Tuesday, April 7, 2020

52 Ancestors Week 15: Fire

From Amy Johnson Crow: Week 15's theme is "Fire." Fire played a crucial role in our ancestors's lives, whether it was providing heat for homes and cooking or providing power for forges and engines. Of course, fire can also be destructive, both on a personal level or in our research (such a record loss in a courthouse fire). Think, too, about place names that make you think of fire. (One of the best names I've seen for a cemetery is Hell's Half Acre Cemetery in Whitley County, Indiana.)


We didn't start the fire. It was always burning as the world's been turning!
"Hell's Half Acre Cemetery" certainly sounds like a badass name for a cemetery doesn't it? Of course there are a ton of places named after Hell. Hell's Kitchen in New York City is notable for comic fans as that's the home of Marvel's man without fear, Daredevil. Hell's Kitchen is also the name of a  cooking show by chef Gordon Ramsay. There's no doubt about it. Fire and Hell by extension has been ingrained in our media and our lives in general. However, there's another type of fire we should talk about. The fire which drives an ancestor to go from one place to another. That, my friends, is a different type of fire!
You're probably sick of seeing this image showing
up as a hint on Ancestry.

When we talk about that ancestor crossing the Atlantic, most people conjure up imagery of a wooden sailing ship on a perilous journey across the sea. What drove people to make that journey in the first place? What put the fire in their belly and had them decide that "France/England is no longer the place I want to be. I want to get away from here!"

For many people religious persecution forced people to set sail. This mass migration would later be known as the Great Puritan Migration and it lasted between the 1620s and 1640s. One person who made the trip from England during that time period was my 11th great-grandfather, Tristram Coffin Sr even though he wasn't a Puritan himself.

Out of all of my ancestors who took part in one of humanity's largest migrations, Tristram was probably one of the more notable ones.
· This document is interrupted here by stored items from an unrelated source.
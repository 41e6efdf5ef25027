-- ===== src/Control/Codec/Values.antt =====
-- `encode_value`: whatever the kind of value, what is returned fits the field.
use p4net.Base.{
  ℕ, ◌^◌, ◌≤◌, ◌<◌, ◌≡◌, ap, inl, inr, List, arith, ◌==◌, Bool-cases, Option-cases, length, All, ℤ,
  pos, negsuc, ok, >>=-eq-ok, ◌>>◌, raise_if, require, not, ◌&&◌,
}
use p4net.Base.Text.{Text, count, has}
use p4net.Builtins.Bytes.{
  IsByte, from_bytes, to_bytes, bit_length-le_iff, from_bytes-lt, from_bytes-to_bytes,
  length-to_bytes, to_bytes-IsByte,
}
use p4net.Builtins.IntText.{parse_int}
use p4net.Builtins.Address.{ipv4_packed, ipv6_int}
use p4net.Builtins.Address.Bounds.{ipv4_packed_bytes, ipv6_int-lt}
use p4net.Control.Codec.{
  Value, bytes, bool, int, str, other, Coded, n_bytes, encode_int, encode_ipv4, encode_mac, mac_re,
  encode_str, encode_bytes, encode_typed, encode_value, bool_int, bad_literal, encode_ipv6,
  encode_literal, CodecError,
}
use p4net.Control.Codec.Ints.{Writes, encode_int-iff-Writes}
use p4net.Control.Codec.Macs.{encode_mac_bytes}

-- A Python `bytes` object holds bytes; nothing is asked of the other values.
abbrev pub IsPython : Value → Type 0
IsPython (bytes bs) = All IsByte bs
IsPython _ = Unit

-- What a field of `w` bits may carry.
pub record FitsField (w : ℕ) (bs : List ℕ) : Type 0 where
  pub size : length bs ≤ n_bytes w
  pub digits : All IsByte bs
  pub value : from_bytes bs < 2 ^ w

Writes→FitsField : (w n : ℕ) (bs : List ℕ) → Writes w n bs → FitsField w bs
Writes→FitsField w n bs h = record {
  size = omega (arith, h.size);
  digits = h.digits;
  value = omega (arith, h.value, h.fits);
}

encode_int-FitsField : (n : ℤ) (w : ℕ) (bs : List ℕ) → encode_int (int n) w ≡ ok bs → FitsField w bs
encode_int-FitsField (pos n) w bs e = Writes→FitsField w n bs ((encode_int-iff-Writes n w bs).0 e)
encode_int-FitsField (negsuc n) w bs e = unfold encode_int in cc

encode_bytes-FitsField :
    (given bs : List ℕ) (w : ℕ) → All IsByte given → encode_bytes given w ≡ ok bs → FitsField w bs
unfolding encode_bytes
encode_bytes-FitsField given bs w digits e =
    let same : given ≡ bs = ground arith in
    rw (← same) (record {
      size = ground arith;
      digits = digits;
      value = ground (arith, (bit_length-le_iff (from_bytes given) w).0);
    })

ipv4-FitsField : (s : Text) (bs : List ℕ) → encode_ipv4 s ≡ ok bs → FitsField 32 bs
unfolding encode_ipv4
ipv4-FitsField s bs e = elim (Option-cases (ipv4_packed s)) [
  | inl h ↦ ground arith
  | inr (out, h) ↦
      let (size, digits) = ipv4_packed_bytes s bs (ground arith) in
      record {
        size = omega arith;
        digits = digits;
        value = omega (arith, from_bytes-lt bs digits, ap (λ t. 256 ^ t) size);
      }
]

mac-FitsField : (s : Text) (bs : List ℕ) → encode_mac s ≡ ok bs → FitsField 48 bs
mac-FitsField s bs e =
    let (size, digits) = encode_mac_bytes s bs e in
    record {
      size = omega arith;
      digits = digits;
      value = omega (arith, from_bytes-lt bs digits, ap (λ t. 256 ^ t) size);
    }

ipv6-FitsField : (s : Text) (bs : List ℕ) → encode_ipv6 s ≡ ok bs → FitsField 128 bs
unfolding encode_ipv6
ipv6-FitsField s bs e = elim (Option-cases (ipv6_int s)) [
  | inl h ↦ ground arith
  | inr (n, h) ↦
      let below : n < 256 ^ 16 = omega (arith, ipv6_int-lt s n h) in
      let same : to_bytes 16 n ≡ bs = ground arith in
      rw (← same) (record {
        size = omega (arith, length-to_bytes 16 n);
        digits = to_bytes-IsByte 16 n below;
        value = omega (arith, from_bytes-to_bytes 16 n below);
      })
]

literal-FitsField : (s : Text) (w : ℕ) (bs : List ℕ) → encode_literal s w ≡ ok bs → FitsField w bs
unfolding encode_literal
literal-FitsField s w bs e =
    let (n, parsed, encoded) = >>=-eq-ok (require (parse_int 0 s) bad_literal) _ e in
    encode_int-FitsField n w bs encoded

-- A branch that first checks the width.
at_width :
    (E : CodecError) (k w : ℕ) (m : Coded (List ℕ)) (bs : List ℕ)
    → (m ≡ ok bs → FitsField k bs)
    → (raise_if (not (w == k)) E >> m) ≡ ok bs
    → FitsField w bs
at_width E k w m bs fits e = let width : w ≡ k = ground arith in rw width (fits (ground arith))

encode_str-FitsField : (s : Text) (w : ℕ) (bs : List ℕ) → encode_str s w ≡ ok bs → FitsField w bs
unfolding encode_str
encode_str-FitsField s w bs e = elim (Bool-cases (count b'.' s == 3)) [
  | inl dotted ↦ at_width _ 32 w (encode_ipv4 s) bs (ipv4-FitsField s bs) (rw dotted at e)
  | inr plain ↦ elim (Bool-cases (count b':' s == 5 && mac_re s)) [
    | inl mac ↦ at_width _ 48 w (encode_mac s) bs (mac-FitsField s bs) (rw (plain, mac) at e)
    | inr not_mac ↦ elim (Bool-cases (has b':' s)) [
      | inl colon ↦
          at_width _ 128 w (encode_ipv6 s) bs (ipv6-FitsField s bs)
            (rw (plain, not_mac, colon) at e)
      | inr number ↦ literal-FitsField s w bs (rw (plain, not_mac, number) at e)
    ]
  ]
]

encode_typed-FitsField :
    (v : Value) (w : ℕ) (bs : List ℕ) → IsPython v → encode_typed v w ≡ ok bs → FitsField w bs
unfolding encode_typed
encode_typed-FitsField (bytes given) w bs p e = encode_bytes-FitsField given bs w p e
encode_typed-FitsField (bool b) w bs p e = encode_int-FitsField (pos (bool_int b)) w bs e
encode_typed-FitsField (int n) w bs p e = encode_int-FitsField n w bs e
encode_typed-FitsField (str s) w bs p e = encode_str-FitsField s w bs e
encode_typed-FitsField other w bs p e = cc

-- On every branch that returns, the width is positive, the bytes are no more than the width rounds
-- up to, and they stand for a number below `2 ** bitwidth`.
pub encode_value-FitsField :
    (v : Value) (w : ℕ) (bs : List ℕ)
    → IsPython v
    → encode_value v w ≡ ok bs
    → (0 < w) × FitsField w bs
unfolding encode_value
encode_value-FitsField v w bs p e = elim (Bool-cases (w == 0)) [
  | inl h ↦ ground arith
  | inr h ↦ (ground arith, encode_typed-FitsField v w bs p (rw h at e))
]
He has a page on Wikipedia! That's got to count for something! Yeah, right. I have a page on IMdb and I'm a Z-grade Internet personality. Still, we shouldn't discount his life because he WAS a big deal.

Ponce de Leon's got nothing on me!
Tristram was born to Peter Coffin and Joanna Kember  on March 11th, 1608 in ye olde England. His reasoning for leaving his homeland after marrying his wife Dionis Stephens is somewhat up for debate. While he wasn't a Puritan, he likely crossed the ocean at age thirty-seven because of the crisis brewing between King Charles I and Parliament. He was one of the landed gentry and wanted no part of the drama unfolding in London.

After arriving in the New World, he wasn't done making a name for himself. He helped to settle the city of Haverhill, Massachusetts in the 1640s after finding nearby Salisbury and Newbury. By 1643 he had a tavern and eventually left to help settle the island of Nantucket where he'd spend the remainder of his life.

Tristram was notable for helping to settle many great colonies which would give rise to the cities my French-Canadian and Italian ancestors called home. The obvious one being Haverhill. Whatever his real reason for leaving England was, you can believe he and his family definitely had an impact on New England. Check out some of his notable descendants:

1. Levi Coffin, the president of the Underground Railroad.
2. Elizabeth Coffin, daughter of a wealthy merchant from Nantucket, was mother of the prominent Massachusetts industrialists Henry Coffin Nevins and David Nevins, Jr
3. Elizabeth Coffin (1850-1930), an artist, educator and Quaker philanthropist, was known for her paintings of Nantucket and for helping revive Sir Isaac Coffin's school with a new emphasis on craft.

Not bad, huh? There's more to Tristram's story than I've covered here. His wife supposedly brewed the best beer in town. He made many deals over the course of his life and certainly ingrained himself in local history.

Growing up I only heard about the Hamels who helped settle Quebec in the early 1600s. I had no idea who Tristram was until much, much later. After reading up on him and his family's exploits in New England, I get a better understanding of what it must have been like sailing across the ocean and dealing with the colonial hardships of early New England. Sure I read about it in history class. But, now you get a very real sense of it because the actions somehow become more real when you have a personal stake in what was going on in the world.

It took a lot of guts and certainly fire in your belly to make the trip to the New World. You have to appreciate it even though sometimes some ancestors may not have been altruistic. Reading up on Tristram gives me a sense that he was. It's certainly an interesting story and like I said his founding of Haverhill and other Merrimack Valley towns paved the way for my Quebecois and Italian ancestors to settle in the area by the 20th century.

As the song goes, we really didn't start the fire. It was always burning as the world was turning.